Conservatives argued that the Democrats' use of the filibuster to prevent the confirmation of six Bush nominees (while confirming 168) constituted a constitutional crisis.  Neither the Constitution nor historical record supports this argument.  The Constitution grants Senators a co-equal role in the judicial confirmation process, and once the Senate receives a nomination, the nomination—like legislation—is subject to the Senate rules.

History and Senate practice also undermine the conservatives' rationale for changing the Senate rules. Cloture votes are routine in the Senate today, and have occurred on judicial nominations in numerous instances in the past few decades—on judicial nominations submitted to the Senate by Presidents of both parties, including nominations to the Supreme Court as well as lower federal courts.

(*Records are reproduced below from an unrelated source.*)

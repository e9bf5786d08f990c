-- ===== src/Bytecode/Verifier/Sound.antt =====
-- What bytecode that is accepted does on every path.
use mathlib.Core.Path.{subst}
use gengo.Prelude.{
  ℕ, ◌+◌, ◌≤◌, ◌<◌, ◌≡◌, inl, inr, refl, ap, List, Bool, true, false, Option, some, leb, arith,
  Bool-cases, Option-cases,
}
use gengo.Bytecode.Checked.{ok}
use gengo.Bytecode.Decoder.{Code, DecodedInstruction, decode_at}
use gengo.Bytecode.Effect.{Effect}
use gengo.Bytecode.Scan.{has, check_instruction}
use gengo.Bytecode.Scan.Starts.{IsMarked}
use gengo.Bytecode.Walk.{WorkItem, work_item, Visit, Entry, depth_at, is_new, run}
use gengo.Bytecode.Walk.Paths.{
  Step, falls, jumps, Reach, start, then_step, Checks, after, visit-Visited, Step-Visited,
}
use gengo.Bytecode.Walk.Closed.{Closed, run-Closed}

-- An instruction that was checked, entered with a depth of the stack: the constant index and the slot are in range
-- where they are checked, the stack holds what it pops, and what it leaves is within the bound.
pub record Accepts (s : Code) (count : ℕ) (e : Entry) (bound : ℕ) (at : WorkItem) : Type 0 where
  pub inst : DecodedInstruction
  pub effect : Effect
  pub checks : Checks s e at inst effect
  pub operands : check_instruction s count at.ip inst ≡ ok tt
  pub within : after at effect ≤ bound

-- Paths that meet inside the code have the same depth.
abbrev pub Agrees : Code → WorkItem → Type 0
Agrees s from =
    (ip d d' : ℕ)
    → ip < s.code_len
    → Reach s from (work_item ip d)
    → Reach s from (work_item ip d')
    → d ≡ d'

decode_at-lt :
    (s : Code) (ip : ℕ) (inst : DecodedInstruction) → decode_at s ip ≡ ok inst → ip < s.code_len
unfolding decode_at
decode_at-lt s ip inst d = elim (Bool-cases (leb s.code_len ip)) [
  | inl past ↦ absurd (cc (rw past at d))
  | inr inside ↦ ground arith
]

-- What a step does to the address does not hang on the depth.
Step-at :
    (s : Code) (at to : WorkItem) (d : ℕ)
    → Step s at to
    → (next : WorkItem) × Step s (work_item at.ip d) next × (next.ip ≡ to.ip)
Step-at s at to d (falls inst effect x r u) = (
  work_item (at.ip + inst.width) (after (work_item at.ip d) effect),
  falls inst effect (record { decoded = x.decoded; moves = x.moves }) r u,
  refl,
)
Step-at s at to d (jumps inst effect t x b j) = (
  work_item t (after (work_item at.ip d) effect),
  jumps inst effect t (record { decoded = x.decoded; moves = x.moves }) b j,
  refl,
)

pub Step-lt : (s : Code) (at to : WorkItem) → Step s at to → at.ip < s.code_len
Step-lt s at to (falls inst effect x r u) = decode_at-lt s at.ip inst x.decoded
Step-lt s at to (jumps inst effect t x b j) = decode_at-lt s at.ip inst x.decoded

module _ (s : Code) (count : ℕ) (starts : List Bool) (marked : IsMarked s count starts) where
  Step-marked :
      (at to : WorkItem)
      → Step s at to
      → has starts at.ip ≡ true
      → to.ip < s.code_len
      → has starts to.ip ≡ true
  Step-marked at to (falls inst effect x r u) m lt = marked.following at.ip m inst x.decoded lt
  Step-marked at to (jumps inst effect t x b j) m lt =
      (marked.target at.ip t m (decode_at-lt s at.ip inst x.decoded) inst x.decoded j).1

  Reach-marked :
      (from at : WorkItem)
      → has starts from.ip ≡ true
      → Reach s from at
      → at.ip < s.code_len
      → has starts at.ip ≡ true
  Reach-marked from at m start lt = m
  Reach-marked from to m (then_step {at} r step) lt =
      Step-marked at to step (Reach-marked from at m r (Step-lt s at to step)) lt

  is_new_past :
      (final : List (Option ℕ)) (ip : ℕ) → s.code_len ≤ ip → is_new s starts final ip ≡ false
  unfolding is_new
  is_new_past final ip h = ground arith

  entered_depth :
      (final : List (Option ℕ)) (ip : ℕ)
      → is_new s starts final ip ≡ false
      → ip < s.code_len
      → has starts ip ≡ true
      → (d : ℕ) × (depth_at final ip ≡ some d)
  unfolding is_new
  entered_depth final ip old lt m = elim (Option-cases (depth_at final ip)) [
    | inl missing ↦ absurd (ground arith)
    | inr found ↦ found
  ]

  module _ (e : Entry) (final : List (Option ℕ)) (bound : ℕ)
      (closed : Closed s starts e (work_item e.entry_ip 0) final bound)
      (at_mark : has starts e.entry_ip ≡ true)
      (seen : is_new s starts final e.entry_ip ≡ false) where
    Reach-seen :
        (at : WorkItem) → Reach s (work_item e.entry_ip 0) at → is_new s starts final at.ip ≡ false
    Reach-seen at start = seen
    Reach-seen to (then_step {at} r step) =
        let lt = Step-lt s at to step in
        let m = Reach-marked (work_item e.entry_ip 0) at at_mark r lt in
        let (d, found) = entered_depth final at.ip (Reach-seen at r) lt m in
        let (v, visited, low, todo) = closed.entered at.ip d found in
        let (next, step', same) = Step-at s at to d step in
        elim (Step-Visited s e (work_item at.ip d) next v
          (visit-Visited s e (work_item at.ip d) v visited) step') [
            | inl appended ↦
                subst (λ (ip : ℕ). is_new s starts final ip ≡ false) same (todo next appended)
            | inr past ↦ is_new_past final to.ip (omega (arith, same))
          ]

    -- Each address on a path was accepted, with a depth with which a path comes to it.
    Reach-Accepts :
        (at : WorkItem)
        → Reach s (work_item e.entry_ip 0) at
        → at.ip < s.code_len
        → (d : ℕ) × Reach s (work_item e.entry_ip 0) (work_item at.ip d)
          × Accepts s count e bound (work_item at.ip d)
    Reach-Accepts at r lt =
        let m = Reach-marked (work_item e.entry_ip 0) at at_mark r lt in
        let (d, found) = entered_depth final at.ip (Reach-seen at r) lt m in
        let (v, visited, low, todo) = closed.entered at.ip d found in
        let done = visit-Visited s e (work_item at.ip d) v visited in
        let (inst, decoded, operands) = marked.checked at.ip m lt in
        let same : inst ≡ done.inst = cc done.checks.executes.decoded in
        (
          d,
          closed.reached at.ip d found,
          record {
            inst = done.inst;
            effect = done.effect;
            checks = done.checks;
            operands =
                subst (λ (i : DecodedInstruction). check_instruction s count at.ip i ≡ ok tt) same
                  operands;
            within = omega (arith, ap (λ (w : Visit). w.new_depth) done.same);
          },
        )

-- What a run says of every path from its entry.
abbrev pub RunsSafely : Code → ℕ → Entry → ℕ → Type 0
RunsSafely s count e bound =
    (at : WorkItem)
    → Reach s (work_item e.entry_ip 0) at
    → at.ip < s.code_len
    → ((d : ℕ) × Reach s (work_item e.entry_ip 0) (work_item at.ip d)
        × Accepts s count e bound (work_item at.ip d))
      × (Agrees s (work_item e.entry_ip 0) → Accepts s count e bound at)

pub run-RunsSafely :
    (s : Code) (count : ℕ) (starts : List Bool) (e : Entry) (bound : ℕ)
    → IsMarked s count starts
    → has starts e.entry_ip ≡ true
    → run s starts e ≡ ok bound
    → RunsSafely s count e bound
run-RunsSafely s count starts e bound marked at_mark h at r lt =
    let (final, closed, seen) = run-Closed s starts e bound h in
    let (d, r', accepts) =
      Reach-Accepts s count starts marked e final bound closed at_mark seen at r lt in
    (
      (d, r', accepts),
      λ agrees.
          let same = agrees at.ip d at.depth lt r' r in
          subst (λ (k : ℕ). Accepts s count e bound (work_item at.ip k)) same accepts,
    )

As then-Senator Bob Smith, R-N.H., explained in a March 2000 press release to describe his support for a filibuster to prevent the confirmation of two Clinton appointees—Marcia Berzon and Richard Paez—filibusters of judicial nominees are routine and "have been based at least in part on concerns about the ideology or judicial philosophy of the nominee, or objections to the nomination process, or both." 22    In his press release, Senator Smith even bragged that he "led the fight on the Senate floor to block the nominations of two activist Clinton judicial nominees…[and] led a filibuster yesterday on the nomination of Richard A. Paez and Marsha Berzon to the 9th Circuit Court of Appeals." 23

In 1994, when other Senators were attempting to filibuster the nomination of H. Lee Sarokin to the Third Circuit, Judiciary Committee Chairman Hatch commented that the filibuster is "one of the few tools that the minority has to protect itself and those the minority represents."24   Hatch, despite his current view that filibusters of judicial nominations are out of bounds, also supported the filibusters of Clinton nominees Berzon and Paez in 1999.

Recess Appointments

The Bush administration's actions to ensure that far right ideological conservatives are on the federal bench have been unprecedented.  In early 2004, President Bush took the extraordinary step of giving recess appointments to two of his most controversial nominees, both of whom had been defeated by filibusters in the Senate—Charles Pickering to the Fifth Circuit and William Pryor to the Eleventh Circuit.  The President's actions showed contempt for the Senate's advice and consent role, and are sure to escalate the bad will between the administration and the Senate on this issue.

The appointment of William Pryor also may have been unconstitutional.  While the recess appointment of Charles Pickering took place during the "intersession" (i.e. between the two sessions of the 108th Congress), the recess appointment of William Pryor was made during a relatively short intra-session recess. According to several Attorney General opinions on this question, recess appointments cannot properly be made under such circumstances.